The researchers also looked at whether the FAIMS Pro could effectively substitute for sample fractionation, finding that a six-hour, single-shot FAIMS experiment identified 8,007 proteins compared to 7,776 proteins for an experiment that ran a sample separated into four fractions using four 90-minute gradients. The result suggests that FAIMS could replace modest amounts fractionation, said UW-Madison researcher Joshua Coon, senior author on the study.

Also in July, a team led by researchers from the University of Montreal published a study in Molecular & Cellular Proteomics using the FAIMS device coupled to a Thermo Fisher Orbitrap Fusion Tribrid, finding that it boosted peptide identifications by 30 percent while extending the limit of detection by nearly an order of magnitude in an analysis of HEK293 cell digests.

The researchers also found that use of the device reduced the amount of precursor interference, which, as they noted, is helpful in proteomic experiments generally and particularly helpful in quantitative experiments using isobaric tagging where precursor interference is a significant challenge.

In an isobaric tagging experiment, the mass spec isolates the target ion and fragments it, generating the isobaric tag reporter ions that correspond to the proportions of the different peptides in the tagged samples. However, the isolation windows used to target a given precursor ion are typically wide enough that other non-target ions can slip through. Because these ions have also been labeled with isobaric tags, they contribute to the reporter signal for the target peptide, which decreases the accuracy with which the actual target is measured.

Researchers have adopted a variety of methods to address this problem, one of the most effective of which has been to do an additional round of fragmentation and measure the ions at the MS3 level, which should eliminate much of the interference issue. This approach suffers, however, from a longer cycle time, which reduces the number of peptides the instrument can quantify.
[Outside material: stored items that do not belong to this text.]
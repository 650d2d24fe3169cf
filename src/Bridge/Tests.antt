-- ===== src/Bridge/Tests.antt =====
-- A buffer of two bytes that the host empties when the USB task has its turn, and a core 0 that takes
-- a command per delay.
use mokya_lora.Prelude.{
  ℕ, ◌+◌, ◌-◌, ◌≤◌, ◌<◌, ◌≡◌, refl, ap, ◌∙◌, true, false, Option, none, some, List, [], ◌∷◌, ◌++◌,
  take, drop, length, min, ltb, arith, length-take, length-drop, replicate,
}
use mokya_lora.Ipc.Ring.{Ring, Message, empty_slot, push, pop, payload_max, ring_slot_count}
use mokya_lora.Ipc.Ring.Spec.{Queue, packet, dequeue}
use mokya_lora.Ipc.Ring.Inv.{IsValid, pop-IsValid}
use mokya_lora.Ipc.Ring.Refine.{contents, pop_refines}
use mokya_lora.Messages.Inbox
use mokya_lora.Messages.Nodes.{empty_node}
use mokya_lora.Messages.Status
use mokya_lora.Bridge.{Outside, Kept, kind, store}
use mokya_lora.Bridge.Fields.{handle, store-packet}
use mokya_lora.Bridge.Loop.{Bridge, round, write_bytes, push_until, dispatch, from_host}
use mokya_lora.Bridge.Serial.{Drains, Written, write_bytes-whole}
use mokya_lora.Bridge.Packets.{handle_all, any_reboot, NoneBehind}
use mokya_lora.Bridge.History.{
  After, start, pushes, rounds, IsFresh, After-stores, After-stream, pending_of, core0_push,
}
use mokya_lora.Bridge.Commands.{Listens, round-ends}

record Host : Type 0 where
  used : ℕ
  sent : List ℕ
  typed : List ℕ

abbrev taken : Host → List ℕ → ℕ
taken w l = min (2 - w.used) (length l)

rest-dequeue : (c : Queue) → (dequeue c payload_max none).1 ≡ drop 1 c
unfolding dequeue
rest-dequeue [] = refl
rest-dequeue (p ∷ c) = refl

rest-pop :
    (r : Ring)
    → IsValid ring_slot_count r
    → contents ring_slot_count (pop ring_slot_count r payload_max none).1
      ≡ drop 1 (contents ring_slot_count r)
rest-pop r v =
    ap (λ x. x.1) (pop_refines ring_slot_count payload_max none v)
    ∙ rest-dequeue (contents ring_slot_count r)

delay-drop :
    (r : Ring)
    → IsValid ring_slot_count r
    → IsValid ring_slot_count (pop ring_slot_count r payload_max none).1
      × ((k : ℕ) × (contents ring_slot_count (pop ring_slot_count r payload_max none).1
            ≡ drop k (contents ring_slot_count r)))
delay-drop r v = (pop-IsValid ring_slot_count payload_max none v, (1, rest-pop r v))

abbrev host : Outside
host = record {
  World = Host;
  mounted = λ w. (true, w);
  connected = λ w. (true, w);
  available = λ w. (ltb 0 (length w.typed), w);
  write_available = λ w. (2 - w.used, w);
  write = λ l w.
      (taken w l, record w { used = w.used + taken w l; sent = w.sent ++ take (taken w l) l });
  read = λ n w. (take n w.typed, record w { typed = drop n w.typed });
  flush = λ w. w;
  disconnect = λ w. w;
  yield = λ w. record w { used = 0 };
  ring_doorbell = λ w. w;
  idle = λ w. w;
  delay = λ r w. ((pop ring_slot_count r payload_max none).1, w);
  sent = λ w. w.sent;
  write-le = λ l w. omega arith;
  read-le = λ n w. omega (arith, length-take n w.typed);
  sent-write = λ l w. refl;
  sent-mounted = λ w. refl;
  sent-connected = λ w. refl;
  sent-available = λ w. refl;
  sent-write_available = λ w. refl;
  sent-read = λ n w. refl;
  sent-flush = λ w. refl;
  sent-disconnect = λ w. refl;
  sent-yield = λ w. refl;
  sent-ring_doorbell = λ w. refl;
  sent-idle = λ w. refl;
  sent-delay = λ r w. refl;
  delay-pops = λ r w v. delay-drop r v;
}

host-Drains : Drains host
host-Drains = record {
  patience = λ w. w.used;
  takes_some = λ l w h k. omega (arith, h, k);
  wears_off = λ w up full. omega (arith, full);
}

host-Listens : Listens host
host-Listens = record { patience = λ c w. length c; wears_off = λ r w v full. shrinks r v full }
  where
    shrinks :
        (r : Ring)
        → IsValid ring_slot_count r
        → ring_slot_count ≤ length (contents ring_slot_count r)
        → length (contents ring_slot_count (pop ring_slot_count r payload_max none).1)
          < length (contents ring_slot_count r)
    shrinks r v full =
        omega (arith, ap length (rest-pop r v), length-drop 1 (contents ring_slot_count r), full)

abbrev idle_host : Host
idle_host = record { used = 2; sent = []; typed = 104 ∷ 105 ∷ [] }

write_bytes-whole_example :
    (f : ℕ) × (rest : List ℕ) × (total : ℕ) × (w : Host) × (write_bytes host f
        (1 ∷ 2 ∷ 3 ∷ [])
        7
        idle_host
      ≡ some (rest, total, w))
    × Written host (1 ∷ 2 ∷ 3 ∷ []) 7 idle_host rest total w
write_bytes-whole_example =
    write_bytes-whole host (1 ∷ 2 ∷ 3 ∷ []) 7 idle_host host-Drains (omega arith)

abbrev ring : ℕ → Ring
ring n = record { head = 0; tail = 0; overflow = 0; slots = replicate n empty_slot }

ring-IsValid : IsValid ring_slot_count (ring 32)
ring-IsValid = record {
  room = omega arith;
  pos = omega arith;
  fits = omega arith;
  folds = ∣ (134217728, refl) ∣₁;
  head_word = omega arith;
  tail_word = omega arith;
  bounded = omega arith;
}

abbrev letter : Message
letter = record { id = 6; number = 3; bytes = some (65 ∷ []); len = 1 }

abbrev kept : Kept
kept = record {
  nodes = record { table = replicate 8 empty_node; change_seq = 0; touch_clock = 0 };
  inbox = Inbox.initial;
  status = Status.initial;
}

abbrev fresh : Bridge Host
fresh = record {
  reboot_pending = false;
  tx_seq = 0;
  scratch = replicate 4 7;
  from_core0 = ring 32;
  log = ring 16;
  cmd = ring 32;
  kept = kept;
  rx_total = 0;
  tx_total = 0;
  rx_shown = 0;
  tx_shown = 0;
  usb_state = 0;
  outside = idle_host;
}

-- a text that claims more bytes than its packet has
abbrev text_bytes : List ℕ
text_bytes = 5 ∷ 0 ∷ 0 ∷ 0 ∷ 255 ∷ 255 ∷ 255 ∷ 255 ∷ 1 ∷ 0 ∷ 9 ∷ 0 ∷ 72 ∷ 105 ∷ []

abbrev text_message : Message
text_message = record { id = 1; number = 0; bytes = some text_bytes; len = 14 }

store-packet_example :
    store
      (kind (packet text_message).header)
      (packet text_message).header
      (text_bytes ++ 90 ∷ 90 ∷ [])
      kept
    ≡ handle (packet text_message) kept
store-packet_example =
    store-packet (packet text_message) (90 ∷ 90 ∷ [])
      (record { whole = omega arith; fits = omega arith; bytes = omega arith }) kept

abbrev reboot_message : Message
reboot_message = record { id = 9; number = 1; bytes = none; len = 0 }

abbrev serial_message : Message
serial_message = record { id = 6; number = 2; bytes = some (1 ∷ 2 ∷ 3 ∷ []); len = 3 }

-- three serial bytes, a buffer that is full and what the host typed
abbrev with_serial : Bridge Host
with_serial = (core0_push host fresh serial_message).1

round-ends_example : (f : ℕ) × (g : ℕ) × ((s : Bridge Host) × (round host f g with_serial ≡ some s))
unfolding push
round-ends_example = round-ends host host-Listens host-Drains with_serial ring-IsValid

fresh-IsFresh : IsFresh host fresh
fresh-IsFresh = record { ring = ring-IsValid; empty = refl; total = omega arith; running = refl }

abbrev or_fresh : Option (Bridge Host) → Bridge Host
or_fresh none = fresh
or_fresh (some s) = s

abbrev with_text : Bridge Host
with_text = (core0_push host fresh text_message).1

abbrev with_all : Bridge Host
with_all = (core0_push host (core0_push host with_text serial_message).1 reboot_message).1

abbrev first : Bridge Host
first = or_fresh (round host 6 1 with_all)

abbrev second : Bridge Host
second = or_fresh (round host 6 1 first)

abbrev third : Bridge Host
third = or_fresh (round host 6 1 second)

round-first : round host 6 1 with_all ≡ some first
unfolding round pop push dispatch kind from_host store
round-first = refl

round-second : round host 6 1 first ≡ some second
unfolding round pop push dispatch kind from_host store write_bytes push_until
round-second = refl

round-third : round host 6 1 second ≡ some third
unfolding round pop push dispatch kind from_host store write_bytes push_until
round-third = refl

abbrev three : Queue
three = packet text_message ∷ packet serial_message ∷ packet reboot_message ∷ []

-- a text, serial bytes and the announcement of a reboot, and three rounds
history : After host fresh third three three
unfolding round pop push dispatch kind from_host store write_bytes push_until
history =
    rounds 6 1
      (rounds 6 1
        (rounds 6 1
          (pushes reboot_message
            (pushes serial_message (pushes text_message start (omega arith, omega arith))
              (omega arith, omega arith))
            (omega arith, tt))
          round-first)
        round-second)
      round-third

After-stores_example :
    (three ≡ three ++ pending_of host third)
    × (third.kept ≡ handle_all kept three)
    × (third.reboot_pending ≡ any_reboot three)
    × NoneBehind three
After-stores_example = After-stores host fresh third three three fresh-IsFresh history

After-stream_example : third.outside.sent ≡ 1 ∷ 2 ∷ 3 ∷ []
unfolding kind
After-stream_example = After-stream host fresh third three three fresh-IsFresh history (λ w. refl)
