-- ===== src/Bus.antt =====
-- The I2C bus of firmware/core1/src/i2c with a register chip behind it, as the drivers of
-- firmware/core1/src/power and sensor use it: an interface that they take as a parameter.
pub mod Link
pub mod Writes
pub mod Facts
pub mod Memory
use mathlib.Core.Option
use mokya_lora.Prelude.{
  ℕ, ◌+◌, ◌<◌, ◌≤◌, ◌≡◌, ◌⊎◌, Bool, true, false, Option, none, some, List, [], ◌∷◌, get_or,
  get_elem?, length, bit_and,
}

-- `reading` writes the register pointer and reads that many bytes behind it; `none` is a negative
-- result. `writing` writes the bytes from a register on; `false` is a negative result. A register is
-- `steady` if only the host's writes change it, and then it shows of a written byte the bits in
-- `holds_bits`: a bit that clears itself is not among them.
pub record RegBus : Type 1 where
  pub World : Type 0
  pub register : World → ℕ → ℕ
  pub steady : ℕ → Bool
  pub holds_bits : ℕ → ℕ
  -- `i2c_bus_acquire`; `false` is `NULL`
  pub acquire : World → Bool
  pub reading : World → ℕ → ℕ → Option (List ℕ) × World
  pub writing : World → ℕ → List ℕ → Bool × World
  pub read-register :
      (w : World) (r : ℕ) (b : List ℕ)
      → steady r ≡ true
      → (reading w r 1).0 ≡ some b
      → get_or b 0 0 ≡ register w r
  pub read-keeps :
      (w : World) (r n q : ℕ) → steady q ≡ true → register (reading w r n).1 q ≡ register w q
  pub write-sets :
      (w : World) (r q i v : ℕ) (l : List ℕ)
      → q ≡ r + i
      → steady q ≡ true
      → (writing w r l).0 ≡ true
      → get_elem? l i ≡ some v
      → register (writing w r l).1 q ≡ bit_and v (holds_bits q)
  pub write-keeps :
      (w : World) (r q : ℕ) (l : List ℕ)
      → steady q ≡ true
      → (q < r) ⊎ (r + length l ≤ q)
      → register (writing w r l).1 q ≡ register w q

module _ (bus : RegBus) where
  open bus use {World, reading, writing}

  -- a sequence of transactions that ends at the first that fails
  abbrev pub Transfer : Type 0 → Type 0
  Transfer A = World → Option A × World

  abbrev pub pure : {A : Type 0} → A → Transfer A
  pure a w = (some a, w)

  abbrev pub fail : {A : Type 0} → Transfer A
  fail w = (none, w)

  -- `reg_read_u8`, `reg_read_block`, `reg_write_u8` and `reg_write_u16`
  abbrev pub read_u8 : ℕ → Transfer ℕ
  read_u8 r w = (Option.map (λ b. get_or b 0 0) (reading w r 1).0, (reading w r 1).1)

  abbrev pub read_block : ℕ → ℕ → Transfer (List ℕ)
  read_block r n w = reading w r n

  abbrev pub written : Bool → Option (Unit {0})
  written true = some tt
  written false = none

  abbrev pub write_u8 : ℕ → ℕ → Transfer (Unit {0})
  write_u8 r v w = (written (writing w r (v ∷ [])).0, (writing w r (v ∷ [])).1)

  abbrev pub write_u16 : ℕ → ℕ × ℕ → Transfer (Unit {0})
  write_u16 r (lo, hi) w = (written (writing w r (lo ∷ hi ∷ [])).0, (writing w r (lo ∷ hi ∷ [])).1)

abbrev pub after : {A B W : Type 0} → (A → W → Option B × W) → Option A × W → Option B × W
after f (none, w) = (none, w)
after f (some a, w) = f a w

infixl 5 ◌>>=◌ ◌>>◌
abbrev pub ◌>>=◌ : {W A B : Type 0} → (W → Option A × W) → (A → W → Option B × W) → W → Option B × W
◌>>=◌ m f w = after f (m w)

abbrev pub ◌>>◌ :
    {W B : Type 0} → (W → Option (Unit {0}) × W) → (W → Option B × W) → W → Option B × W
◌>>◌ m k w = after (λ _. k) (m w)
In their study, the University of Montreal team, led by Pierre Thibault, professor of chemistry and senior author on the MCP paper, found that the use of FAIMS to reduce precursor interference in a 10-plex TMT analysis of HEK293 cells boosted the number of proteins quantified by 2.5-fold compared to an MS3-based approach.

This followed a 2016 paper published by Thibault and his colleagues in the Journal of Proteome Research in which they found a version of the new FAIMS technology increased the number of peptides they could quantify in a TMT analysis of HEK293 cells by 68 percent compared to a standard MS2-level TMT analysis while also improving the accuracy of their quantitation.

Mylchreest said he envisioned several main areas where the technology could prove useful. The first are large-scale qualitative and quantitative proteomic analyses of the kind done by the Coon and Thibault teams where FAIMS could improve depth of coverage and accuracy of quantitation.

Another area where the device could see uptake is for targeted quantitation assays where it could help reduce interferences hampering protein or small molecule measurements, he said. It could also prove useful for top-down and intact protein work, he further noted.

With release of the FAIMS Pro, Thermo Fisher joins the majority of other major mass spec vendors that offer ion mobility technology with their instruments. Waters, Sciex, Agilent, and Bruker each offer some version of ion mobility with various versions of their mass specs.